Your body is composed of millions of different types of cells, each containing a myriad of specific proteins. Our knowledge of how these proteins respond when cells are exposed to a chemical (through ingestion, inhalation, exposure on your skin, etc.) and why they respond the way they do is incomplete—especially for certain groups of chemicals or novel compounds. It would be very useful to screen for any adverse effects on human cells with the aid of artificial intelligence, to prevent any rounds of animal testing, with their significant humane implications and high costs.

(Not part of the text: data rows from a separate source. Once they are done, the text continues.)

-- ===== src/Base/Regex.antt =====
-- The regular expressions of the program, by what follows: a pattern takes the test of the rest.
use Prim.Native.Nat.{ℕ, zero, suc}
use mathlib.Core.Path.{◌≡◌, refl}
use mathlib.Core.Bool.{Bool, true, false, ◌&&◌, ◌||◌}
use mathlib.Core.List.{[], ◌∷◌, ◌++◌}
use native.Mathlib.Omega.{arith}
use mesh2mesh.Base.Tests.{◌==◌, ==_iff, and_parts}
use mesh2mesh.Base.Lists.{null, all, length}
use mesh2mesh.Base.Strings.{Text}

abbrev pub Pattern : Type 0
Pattern = (Text → Bool) → Text → Bool

-- `^p$`
unfoldable pub full_match : Pattern → Text → Bool
full_match p s = p null s

-- a literal text
pub word : Text → Pattern
word [] rest s = rest s
word (a ∷ t) rest [] = false
word (a ∷ t) rest (b ∷ s) = a == b && word t rest s

-- `[c]{n}`
pub times : ℕ → (ℕ → Bool) → Pattern
times zero c rest s = rest s
times (suc n) c rest [] = false
times (suc n) c rest (b ∷ s) = c b && times n c rest s

-- `[c]+`
unfoldable pub plus : (ℕ → Bool) → Pattern
plus c rest [] = false
plus c rest (b ∷ s) = c b && (rest s || plus c rest s)

-- `p` and then `q`; `p` or `q`
infixr 30 ◌then_match◌
abbrev pub ◌then_match◌ : Pattern → Pattern → Pattern
(p then_match q) rest s = p (q rest) s

abbrev pub either : Pattern → Pattern → Pattern
either p q rest s = p rest s || q rest s

-- A literal takes exactly itself.
pub word-append : (t s : Text) (rest : Text → Bool) → word t rest (t ++ s) ≡ rest s
unfolding word
word-append [] s rest = refl
word-append (a ∷ t) s rest = ground (arith, word-append t s rest)

pub word-splits :
    (t s : Text) (rest : Text → Bool)
    → word t rest s ≡ true
    → (r : Text) × (s ≡ t ++ r) × (rest r ≡ true)
unfolding word
word-splits [] s rest h = (s, refl, h)
word-splits (a ∷ t) [] rest h = cc
word-splits (a ∷ t) (b ∷ s) rest h =
    let (same, more) = and_parts (a == b) (word t rest s) h in
    let (r, e, k) = word-splits t s rest more in (r, ground (arith, ==_iff a b), k)

pub times-append :
    (c : ℕ → Bool) (t s : Text) (rest : Text → Bool)
    → all c t ≡ true
    → times (length t) c rest (t ++ s) ≡ rest s
unfolding times
times-append c [] s rest h = refl
times-append c (b ∷ t) s rest h = ground (arith, times-append c t s rest)

pub times-splits :
    (n : ℕ) (c : ℕ → Bool) (s : Text) (rest : Text → Bool)
    → times n c rest s ≡ true
    → (t r : Text) × (s ≡ t ++ r) × (length t ≡ n) × (all c t ≡ true) × (rest r ≡ true)
unfolding times
times-splits zero c s rest h = ([], s, refl, refl, refl, h)
times-splits (suc n) c [] rest h = cc
times-splits (suc n) c (b ∷ s) rest h =
    let (one, more) = and_parts (c b) (times n c rest s) h in
    let (t, r, e, len, cs, k) = times-splits n c s rest more in
    (b ∷ t, r, cc, ground arith, ground arith, k)

-- `[c]+$` takes the texts of the class that are not empty.
pub plus-null : (c : ℕ → Bool) (b : ℕ) (s : Text) → plus c null (b ∷ s) ≡ all c (b ∷ s)
unfolding plus
plus-null c b [] = ground arith
plus-null c b (d ∷ s) = ground (arith, plus-null c d s)
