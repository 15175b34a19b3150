-- ===== src/Base/Uri.antt =====
-- `encodeURIComponent` and the serializer of `URLSearchParams`, over UTF-8.
use Prim.Native.Nat.{ℕ, ◌+◌, ◌/◌, ◌%◌}
use mathlib.Core.Path.{◌≡◌, refl}
use mathlib.Core.Bool.{Bool, true, ◌||◌}
use mathlib.Core.List.{List, [], ◌∷◌, ◌++◌, map}
use native.Mathlib.Omega.{arith}
use mathlib.Core.Logic.{inl, inr}
use Prim.Native.Nat.{◌<◌}
use mesh2mesh.Base.Tests.{Bool-cases, and_parts, ltb, ◌==◌, if◌then◌else◌}
use mesh2mesh.Base.Lists.{all}
use mesh2mesh.Base.Strings.{is_visible, Text, lit, is_digit, is_letter, is_word, join}

abbrev hex_digit : ℕ → ℕ
hex_digit n = if ltb n 10 then b'0' + n else b'7' + n

abbrev percent : ℕ → Text
percent b = b'%' ∷ hex_digit (b / 16) ∷ hex_digit (b % 16) ∷ []

-- The UTF-8 bytes of a code point, each written `%XX`.
unfoldable pub percent_utf8 : ℕ → Text
percent_utf8 c =
    if ltb c 0x80
    then percent c
    else if ltb c 0x800
    then percent (0xc0 + c / 64) ++ percent (0x80 + c % 64)
    else if ltb c 0x10000
    then percent (0xe0 + c / 4096) ++ percent (0x80 + c / 64 % 64) ++ percent (0x80 + c % 64)
    else percent (0xf0 + c / 262144)
      ++ percent (0x80 + c / 4096 % 64)
      ++ percent (0x80 + c / 64 % 64)
      ++ percent (0x80 + c % 64)

-- What `encodeURIComponent` leaves as it is.
unfoldable pub is_unreserved : ℕ → Bool
unfolding is_digit is_letter
is_unreserved c =
    is_letter c
    || is_digit c
    || c == b'-'
    || c == b'_'
    || c == b'.'
    || c == b'!'
    || c == b'~'
    || c == b'*'
    || c == 39
    || c == b'('
    || c == b')'

unfoldable pub encode_uri_component : Text → Text
encode_uri_component [] = []
encode_uri_component (c ∷ s) =
    (if is_unreserved c then c ∷ [] else percent_utf8 c) ++ encode_uri_component s

-- `application/x-www-form-urlencoded`
abbrev is_form_safe : ℕ → Bool
is_form_safe c = is_word c || c == b'*' || c == b'-' || c == b'.'

unfoldable pub encode_form : Text → Text
encode_form [] = []
encode_form (c ∷ s) =
    (if is_form_safe c then c ∷ [] else if c == 32 then b'+' ∷ [] else percent_utf8 c)
    ++ encode_form s

abbrev form_pair : Text × Text → Text
form_pair (k, v) = encode_form k ++ b'=' ∷ encode_form v

-- `new URLSearchParams(ps).toString()`
unfoldable pub search_params : List (Text × Text) → Text
search_params ps = join (b'&' ∷ []) (map form_pair ps)

pub encode_uri_component_plain :
    (s : Text) → all is_unreserved s ≡ true → encode_uri_component s ≡ s
unfolding encode_uri_component
encode_uri_component_plain [] h = refl
encode_uri_component_plain (c ∷ s) h = ground (arith, encode_uri_component_plain s)

encode_uri_component_test : encode_uri_component (lit "a b@é") ≡ lit "a%20b%40%C3%A9"
unfolding encode_uri_component lit is_unreserved percent_utf8
encode_uri_component_test = refl

all-join : (p : ℕ → Bool) (s t : Text) → all p s ≡ true → all p t ≡ true → all p (s ++ t) ≡ true
all-join p [] t h k = k
all-join p (c ∷ s) t h k = ground (arith, all-join p s t)

hex_digit-visible : (n : ℕ) → n < 16 → is_visible (hex_digit n) ≡ true
hex_digit-visible n h = ground arith

percent-visible : (b : ℕ) → b < 256 → all is_visible (percent b) ≡ true
percent-visible b h =
    let high = hex_digit-visible (b / 16) (omega (arith, h)) in
    let low = hex_digit-visible (b % 16) (omega arith) in rw (high, low) refl

percent-then :
    (b : ℕ) (t : Text) → b < 256 → all is_visible t ≡ true → all is_visible (percent b ++ t) ≡ true
percent-then b t h k = all-join is_visible (percent b) t (percent-visible b h) k

percent_utf8-visible : (c : ℕ) → c < 1114112 → all is_visible (percent_utf8 c) ≡ true
unfolding percent_utf8
percent_utf8-visible c h =
    let last = percent (0x80 + c % 64) in
    let last_two = percent (0x80 + c / 64 % 64) ++ last in
    let end = percent-visible (0x80 + c % 64) (omega arith) in
    let end_two = percent-then (0x80 + c / 64 % 64) last (omega arith) end in
    elim (Bool-cases (ltb c 0x80)) [
      | inl one ↦ rw one (percent-visible c (ground arith))
      | inr many ↦ elim (Bool-cases (ltb c 0x800)) [
        | inl two ↦ rw (many, two) (percent-then (0xc0 + c / 64) last (ground arith) end)
        | inr more ↦ elim (Bool-cases (ltb c 0x10000)) [
          | inl three ↦
              rw (many, more, three)
                (percent-then (0xe0 + c / 4096) last_two (ground arith) end_two)
          | inr four ↦
              rw (many, more, four)
                (percent-then (0xf0 + c / 262144) (percent (0x80 + c / 4096 % 64) ++ last_two)
                  (omega (arith, h))
                  (percent-then (0x80 + c / 4096 % 64) last_two (omega arith) end_two))
        ]
      ]
    ]

unreserved-visible : (c : ℕ) → is_unreserved c ≡ true → is_visible c ≡ true
unfolding is_unreserved is_letter is_digit
unreserved-visible c h = ground arith

pub encode_uri_component-visible :
    (s : Text) → all (λ c. ltb c 1114112) s ≡ true → all is_visible (encode_uri_component s) ≡ true
unfolding encode_uri_component
encode_uri_component-visible [] h = refl
encode_uri_component-visible (c ∷ s) h =
    let (one, more) = and_parts (ltb c 1114112) (all (λ c. ltb c 1114112) s) h in
    let rest = encode_uri_component-visible s more in
    elim (Bool-cases (is_unreserved c)) [
      | inl plain ↦ rw plain (
          all-join is_visible (c ∷ []) (encode_uri_component s)
            (rw (unreserved-visible c plain) refl) rest)
      | inr other ↦ rw other (
          all-join is_visible (percent_utf8 c) (encode_uri_component s)
            (percent_utf8-visible c (ground arith)) rest)
    ]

My work revolves around studying certain proteins called transcription factors which control much of how our cells work. I analyze differences in behavior of these transcription factors in different in vitro conditions, performing data analysis on a computing cluster. This leads us to many questions. Can we figure out the mechanisms behind the observed changes? Are these regulatory proteins binding to places of your chromosomes that enhance gene expression in a different manner, or altering the 3D shape of your chromosomes? Do these observations translate to particular systemic reactions at the organ level?

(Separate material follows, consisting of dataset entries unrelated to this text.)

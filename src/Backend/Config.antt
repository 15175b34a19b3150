-- ===== src/Backend/Config.antt =====
-- web/src/backend/config.mjs.
pub mod Checks
use mesh2mesh.Base.{
  null, Text, lit, text_eq, drop_trailing_slashes, show, if◌then◌else◌, ◌or◌, ℕ, ◌*◌, Bool, true,
  false, not, ◌&&◌, Option, none, some, [], ◌++◌,
}

-- The variables of `process.env` that the server reads.
pub record Env : Type 0 where
  pub port : Option Text
  pub controlplane_url : Option Text
  pub public_api_url : Option Text
  pub controlplane_token : Option Text
  pub auth_disabled : Option Text
  pub oidc_issuer : Option Text
  pub oidc_internal_issuer : Option Text
  pub oidc_client_id : Option Text
  pub oidc_client_secret : Option Text
  pub public_url : Option Text
  pub session_ttl_hours : Option Text

pub record OidcConfig : Type 0 where
  pub issuer : Text
  pub internal_issuer : Option Text
  pub client_id : Text
  pub client_secret : Text
  pub public_url : Text
  pub session_ttl_ms : ℕ

pub record Config : Type 0 where
  pub listen_port : ℕ
  pub control_plane : Text
  pub public_api_url : Text
  pub control_plane_token : Text
  pub oidc : Option OidcConfig

-- The two messages with which the server exits.
pub data Refusal : Type 0 where
  no_token no_issuer : Refusal

pub data Loaded : Type 0 where
  loaded : Config → Loaded
  exits : Refusal → Loaded

-- `!s` for a text that may be absent, and `s || undefined`
abbrev blank : Option Text → Bool
blank none = true
blank (some s) = null s

abbrev non_blank : Option Text → Option Text
non_blank o = if blank o then none else o

-- `env.AUTH_DISABLED === "true"`
abbrev auth_is_disabled : Option Text → Bool
auth_is_disabled none = false
auth_is_disabled (some s) = text_eq s (lit "true")

-- `number` is JavaScript's `Number`, at the texts that spell a natural number.
module _ (number : Text → ℕ) where
  abbrev number_or : Option Text → ℕ → ℕ
  number_or none d = d
  number_or (some s) d = number s

  oidc_config : Env → OidcConfig
  oidc_config env = record {
    issuer = env.oidc_issuer or [];
    internal_issuer = non_blank env.oidc_internal_issuer;
    client_id = env.oidc_client_id or lit "mesh2mesh-web";
    client_secret = env.oidc_client_secret or [];
    public_url = env.public_url or lit "http://localhost:" ++ show (number_or env.port 8080);
    session_ttl_ms = number_or env.session_ttl_hours 8 * 3600000;
  }

  abbrev control_plane_of : Env → Text
  control_plane_of env = drop_trailing_slashes (env.controlplane_url or lit "http://localhost:8090")

  config_of : Env → Option OidcConfig → Config
  config_of env oidc = record {
    listen_port = number_or env.port 8080;
    control_plane = control_plane_of env;
    public_api_url = env.public_api_url or control_plane_of env;
    control_plane_token = env.controlplane_token or [];
    oidc = oidc;
  }

  pub load : Env → Loaded
  unfolding oidc_config config_of
  load env =
      if null (env.controlplane_token or [])
      then exits no_token
      else if not (auth_is_disabled env.auth_disabled) && blank env.oidc_issuer
      then exits no_issuer
      else loaded (
          config_of env
            (if auth_is_disabled env.auth_disabled then none else some (oidc_config env)))
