-- ===== src/Backend/Cookies.antt =====
-- The cookies of web/src/backend/oidc.mjs: `readCookie` and `cookie`.
pub mod RoundTrip
use mesh2mesh.Base.{
  null, Text, lit, text_eq, trim, split, cut, show, if◌then◌else◌, ◌or◌, ℕ, Bool, not, ◌&&◌, Option,
  none, some, List, [], ◌∷◌, ◌++◌,
}

-- One round of the loop of `readCookie`: the value, if this part has the name. `indexOf("=")`
-- is above 0 if there is a "=" and something before it.
unfoldable pub cookie_part : Text → Text → Option Text
cookie_part name part = elim (cut b'=' part) [
  | none ↦ none
  | some (a, b) ↦ if not (null a) && text_eq (trim a) name then some (trim b) else none
]

unfoldable pub find_part : Text → List Text → Option Text
unfolding cookie_part
find_part name [] = none
find_part name (part ∷ parts) = elim (cookie_part name part) [
  | none ↦ find_part name parts
  | some v ↦ some v
]

-- `readCookie(req, name)`, on the header `req.headers.cookie`.
unfoldable pub read_cookie : Option Text → Text → Option Text
unfolding find_part
read_cookie header name = find_part name (split b';' (header or []))

-- `cookie(name, value, { path, maxAge, secure })`, with the age in whole seconds.
pub cookie : (name value path : Text) (max_age : ℕ) (secure : Bool) → Text
cookie name value path max_age secure =
    name
    ++ b'='
      ∷ (value
          ++ lit "; Path="
          ++ path
          ++ lit "; Max-Age="
          ++ show max_age
          ++ lit "; HttpOnly; SameSite=Lax"
          ++ (if secure then lit "; Secure" else []))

My goal is to connect what we already know from molecular biology and biochemistry, and use the experimental results to generate hypotheses about the biological mechanisms that caused such changes. I envision using this tool to study human exposure to a new drug or chemical without the need for animal assays.

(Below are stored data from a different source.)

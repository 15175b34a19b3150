-- ===== src/Backend/Http.antt =====
-- web/src/backend/http.mjs, with the requests and responses that the handlers exchange. Each
-- handler writes one head and one body, so a response is a value.
pub mod Body
use mesh2mesh.Base.{
  length, Store, Text, lit, ltb, if◌then◌else◌, ℕ, ◌+◌, Bool, Option, none, some, List, [], ◌∷◌,
  ◌++◌,
}

pub data Header : Type 0 where
  content_security_policy content_type_options referrer_policy : Header
  content_type cache_control allow location set_cookie : Header

-- A header with the values of its lines: `Set-Cookie` may have several.
abbrev pub Headers : Type 0
Headers = List (Header × List Text)

pub record User : Type 0 where
  pub sub : Text
  pub name : Text
  pub email : Option Text
  pub username : Option Text

-- The values that the server itself sends through `JSON.stringify`.
pub data Json : Type 0 where
  null_json : Json
  error_json : Text → Json
  user_json : User → Json
  config_json : (public_api_url : Text) (auth_enabled : Bool) → Json
  status_json : Text → Json

pub data Payload : Type 0 where
  empty : Payload
  plain : Text → Payload
  json : Json → Payload
  raw_bytes : List ℕ → Payload

pub record Response : Type 0 where
  pub status : ℕ
  pub headers : Headers
  pub body : Payload

-- The parsed request; a header that is absent is `none`, the body is its chunks.
pub record Request : Type 0 where
  pub method : Text
  pub path : Text
  pub query : Store Text
  pub cookie : Option Text
  pub origin : Option Text
  pub chunks : List (List ℕ)

abbrev pub security_headers : Headers
security_headers =
    (
      content_security_policy,
      lit
            "default-src 'self'; style-src 'self' 'unsafe-inline'; img-src 'self' data:; frame-ancestors 'none'"
          ∷ [],
    )
    ∷ (content_type_options, lit "nosniff" ∷ [])
    ∷ (referrer_policy, lit "no-referrer" ∷ [])
    ∷ []

-- The spread `{ ...securityHeaders, ...headers }`; no caller gives a security header again.
unfoldable pub send : ℕ → Payload → Headers → Response
send status body headers = record {
  status = status;
  headers = security_headers ++ headers;
  body = body;
}

unfoldable pub send_json : ℕ → Json → Response
unfolding send
send_json status body = send status (json body) ((content_type, lit "application/json" ∷ []) ∷ [])

unfoldable pub redirect : ℕ → Text → Response
redirect status target = record {
  status = status;
  headers = (location, target ∷ []) ∷ [];
  body = empty;
}

abbrev pub max_body_bytes : ℕ
max_body_bytes = 65536

abbrev pub concat_chunks : List (List ℕ) → List ℕ
concat_chunks [] = []
concat_chunks (c ∷ cs) = c ++ concat_chunks cs

-- The loop of `readBody`: the size so far and the chunks kept. `none` is the error
-- "request body too large", thrown before the rest is read.
pub read_chunks : ℕ → List (List ℕ) → List (List ℕ) → Option (List ℕ)
read_chunks size kept [] = some (concat_chunks kept)
read_chunks size kept (chunk ∷ rest) =
    let more = read_chunks (size + length chunk) (kept ++ chunk ∷ []) rest in
    if ltb max_body_bytes (size + length chunk) then none else more

pub read_body : List (List ℕ) → Option (List ℕ)
unfolding read_chunks
read_body chunks = read_chunks 0 [] chunks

Have you ever wondered what you were made of, and how different parts of your body can do different things? Each part of our bodies is made of a different set of building blocks, and I tried to figure out what sets were used where. I took tiny pieces of skin, brain, or other body parts, and broke down the tiny walls that held them together to let out all these building blocks. Then, I put what was left on a machine that sorted them and broke them into even smaller pieces. The machine’s computer showed me how big the pieces were and what they look like when broken. By doing this, we found out which building blocks were used to make your body parts work, and we saw how they looked when you get sick and your body isn’t working right. We did this because you can’t fix something if you don’t know what it’s made out of or how it’s put together.
Knowing which proteins are active within different tissues and cellular compartments is essential to understanding what drives different biological processes and pathologies. For two years after college, I worked in a department that used state-of-the-art mass spectrometry to study the proteins active in breast cancer cells, how the proteome of the inner ear changed with noise-induced hearing loss, and many other questions. We lysed the cells and used trypsin, a digestive enzyme, to cleave the proteins into peptides. These peptides were then put onto a high pressure liquid chromatography system, which sorted them by hydrophobicity and fed the peptides onto a mass spectrometer. We used the mass spectrometer to scan the peptide mass and charge before breaking the peptides one more time and scanning the fragments. Ultimately, we would search a database for known peptides that matched our mass-to-charge ratio measurements. By identifying proteins that were involved in cancer, or hearing loss, or any other pathology, we could uncover targets for more effective diagnosis and treatment of these issues.